Sono passato di sera alcuni mesi fa innanzi ad alcune discoteche storiche del vicentino e mi si è fermato il cuore. Boom, Expo, Macrillo, Decò, Dimodà sembrano diventate macerie post bombardamento o edifici abbandonati a causa di un sisma. La sensazione che si prova fermandosi a ricordare come pulsavano di vita appena due decenni prima quelle discoteche è devastante, soprattutto per chi da giovane in quei locali ha vissuto la gran parte dei primi approcci con l’universo femminile. Questo non vale solo per Vicenza, ma quasi ovunque, da Jesolo a Rimini, da Milano a Palermo, la discoteca non esiste più o se non altro non esiste più quel tipo di discoteca ed il night life ad esso collegato. All’epoca non esistevano i selfie o le macchine fotografiche digitali: rimpiango di non aver mai portato in discoteca anche una vecchia Polaroid per immortalare uno di quei momenti, in mezzo alla pista o sul priveè con qualche cubista in pedana. Pensare invece che oggi si va in questi pseudo-locali che si fanno chiamare disco-club con il fine unico di farsi fotografare con l’amico/a di turno per postare la foto su qualche social aspettando il commento degli altri: più che dance club si dovrebbe chiamare mind hospital.

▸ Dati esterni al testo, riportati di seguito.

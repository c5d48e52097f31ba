-- ===== src/Kube/Direct.antt =====
-- GetPods against its description without the cache.
use election_agent.Prelude.{
  String, ◌≡◌, refl, sym, ap, ◌∙◌, ◌⊎◌, inl, inr, false, Option, none, some, List, [], ◌∷◌, ◌==◌,
  eq_iff, arith, if◌then◌else◌, Bool-cases, Option-cases,
}
use mathlib.Core.Option.{some-injective}
use election_agent.Errors.{Error}
use election_agent.Kube.{
  Cluster, KubePod, KubeReplicaSet, Pod, RsCache, cached, no_replica_set, first_owner, pod_item,
  find_replica_set, pod_items, deployment_pods, deployment_of_pod, get_pods,
}

Sum-cases : {A B : Type 0} (x : A ⊎ B) → ((a : A) × (x ≡ inl a)) ⊎ ((b : B) × (x ≡ inr b))
Sum-cases (inl a) = inl (a, refl)
Sum-cases (inr b) = inr (b, refl)

module _ (K : Cluster) (namespace : String) where
  open K use {get_replica_set}

  -- The item of one pod, by what the cluster says of its ReplicaSet.
  abbrev pub item : String → KubePod → Pod ⊎ Error
  item deployment pod =
      let rs_name = first_owner "ReplicaSet" pod.owners in
      if rs_name == "" then inr no_replica_set else elim (get_replica_set namespace rs_name) [
        | inr e ↦ inr e
        | inl rs ↦ inl (pod_item deployment rs_name pod rs)
      ]

  -- The items up to the first error.
  abbrev pub items : String → List KubePod → List Pod × Option Error
  items deployment [] = ([], none)
  items deployment (pod ∷ pods) =
      let rest = items deployment pods in
      elim (item deployment pod) [ inr e ↦ ([], some e) | inl i ↦ (i ∷ rest.0, rest.1) ]

  -- The cache holds what the cluster says.
  abbrev IsFresh : RsCache → Type 0
  IsFresh cache =
      (name : String) (rs : KubeReplicaSet)
      → cached cache name ≡ some rs
      → get_replica_set namespace name ≡ inl rs

  IsFresh-cons :
      (cache : RsCache) (name : String) (rs : KubeReplicaSet)
      → IsFresh cache
      → get_replica_set namespace name ≡ inl rs
      → IsFresh ((name, rs) ∷ cache)
  IsFresh-cons cache name rs fresh e n r h = elim (Bool-cases (name == n)) [
    | inl f ↦
        ap (get_replica_set namespace) (sym ((eq_iff name n).0 f))
        ∙ e
        ∙ ap inl (some-injective _ _ (rw f at h))
    | inr f ↦ fresh n r (rw f at h)
  ]

  pod_items-eq-items :
      (deployment : String) (cache : RsCache) (pods : List KubePod)
      → IsFresh cache
      → pod_items K namespace deployment cache pods ≡ items deployment pods
  unfolding pod_items find_replica_set
  pod_items-eq-items deployment cache [] fresh = refl
  pod_items-eq-items deployment cache (pod ∷ pods) fresh =
      let name = first_owner "ReplicaSet" pod.owners in
      elim (Bool-cases (name == "")) [
        | inl f ↦ rw (pod_items, items, item, f) refl
        | inr f ↦ elim (Option-cases (cached cache name)) [
          | inr (rs, c) ↦
              rw (pod_items, items, item, find_replica_set, f, c, fresh name rs c)
                (ap (λ r. (pod_item deployment name pod rs ∷ r.0, r.1))
                  (pod_items-eq-items deployment cache pods fresh))
          | inl c ↦ elim (Sum-cases (get_replica_set namespace name)) [
            | inr (e, h) ↦ rw (pod_items, items, item, find_replica_set, f, c, h) refl
            | inl (rs, h) ↦
                rw (pod_items, items, item, find_replica_set, f, c, h)
                  (ap (λ r. (pod_item deployment name pod rs ∷ r.0, r.1))
                    (pod_items-eq-items deployment ((name, rs) ∷ cache) pods
                      (IsFresh-cons cache name rs fresh h)))
          ]
        ]
      ]

  -- If the deployment is found and its pods can be listed, GetPods, by the name of the deployment
  -- or of a pod that leads to it, returns for each pod in order the item that its ReplicaSet in the
  -- cluster gives, up to the first pod without one or whose ReplicaSet is not found, and then that
  -- error: the cache of ReplicaSets makes no difference.
  pub get_pods-eq-items :
      (deployment given pod_name : String) (selector : K.Selector) (pods : List KubePod)
      → K.get_deployment namespace deployment ≡ inl selector
      → K.list_pods namespace selector ≡ inl pods
      → (get_pods K namespace deployment "" ≡ items deployment pods)
        × ((pod_name == "") ≡ false
            → deployment_of_pod K namespace pod_name ≡ inl deployment
            → get_pods K namespace given pod_name ≡ items deployment pods)
  unfolding get_pods deployment_pods
  get_pods-eq-items deployment given pod_name selector pods d l =
      let same = pod_items-eq-items deployment [] pods (λ name rs h. absurd (ground (arith, h))) in
      (rw (deployment_pods, d, l) same, λ e h. rw (e, h, deployment_pods, d, l) same)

La droga esisteva anche allora, ma in quantità molto più modesta rispetto ad oggi ed era soprattutto sintetica (Spectrum e Starlight erano le pastiglie di ecstasy più diffuse). L’ultimo flashback che ricordo di quel periodo risale al 1999, quando all’interno di una toilette maschile vidi adagiato sul pavimento un giovane ragazzo in overdose con una siringa in mano. Chi oggi è adolescente forse non ha conoscenza di quel tragico fenomeno giovanile che ha caratterizzato sempre quel decennio: le stragi del sabato sera, di cui adesso non sentite più parlare grazie ad auto moderne molto più sicure e grazie all’aumento sistematico dei controlli sulle strade. Personalmente sono stato vittima di due incidenti quasi mortali a distanza di due anni l’uno dall’altro con l’auto semidistrutta o scaraventata giù da una scarpata. Miracolasamente ne sono uscito illeso. Molti amici e conoscenti invece li ho persi in quanto la sorte ha riservato loro un trattamento diverso. Il mondo delle discoteche degli anni Novanta ci ha prima sorpreso ed entusiasmato con il suo boom e successivamente shoccato e rattristato con il suo sboom: quello che ad inizio 1990 sembrava una miniera d’ora appena dieci anni dopo si era trasformato in una catapecchia abbandonata. Probabilmente quel decennio ha rappresentato per il nostro paese il culmine di una fase di crescita e benessere economico che ha prodotto un desiderio di spensieratezza e divertimento il quale ha trovato sfogo e materializzazione proprio nel mondo della notte legato alle discoteche. Non rivedremo mai più niente del genere, semmai qualcosa diametralmente opposta.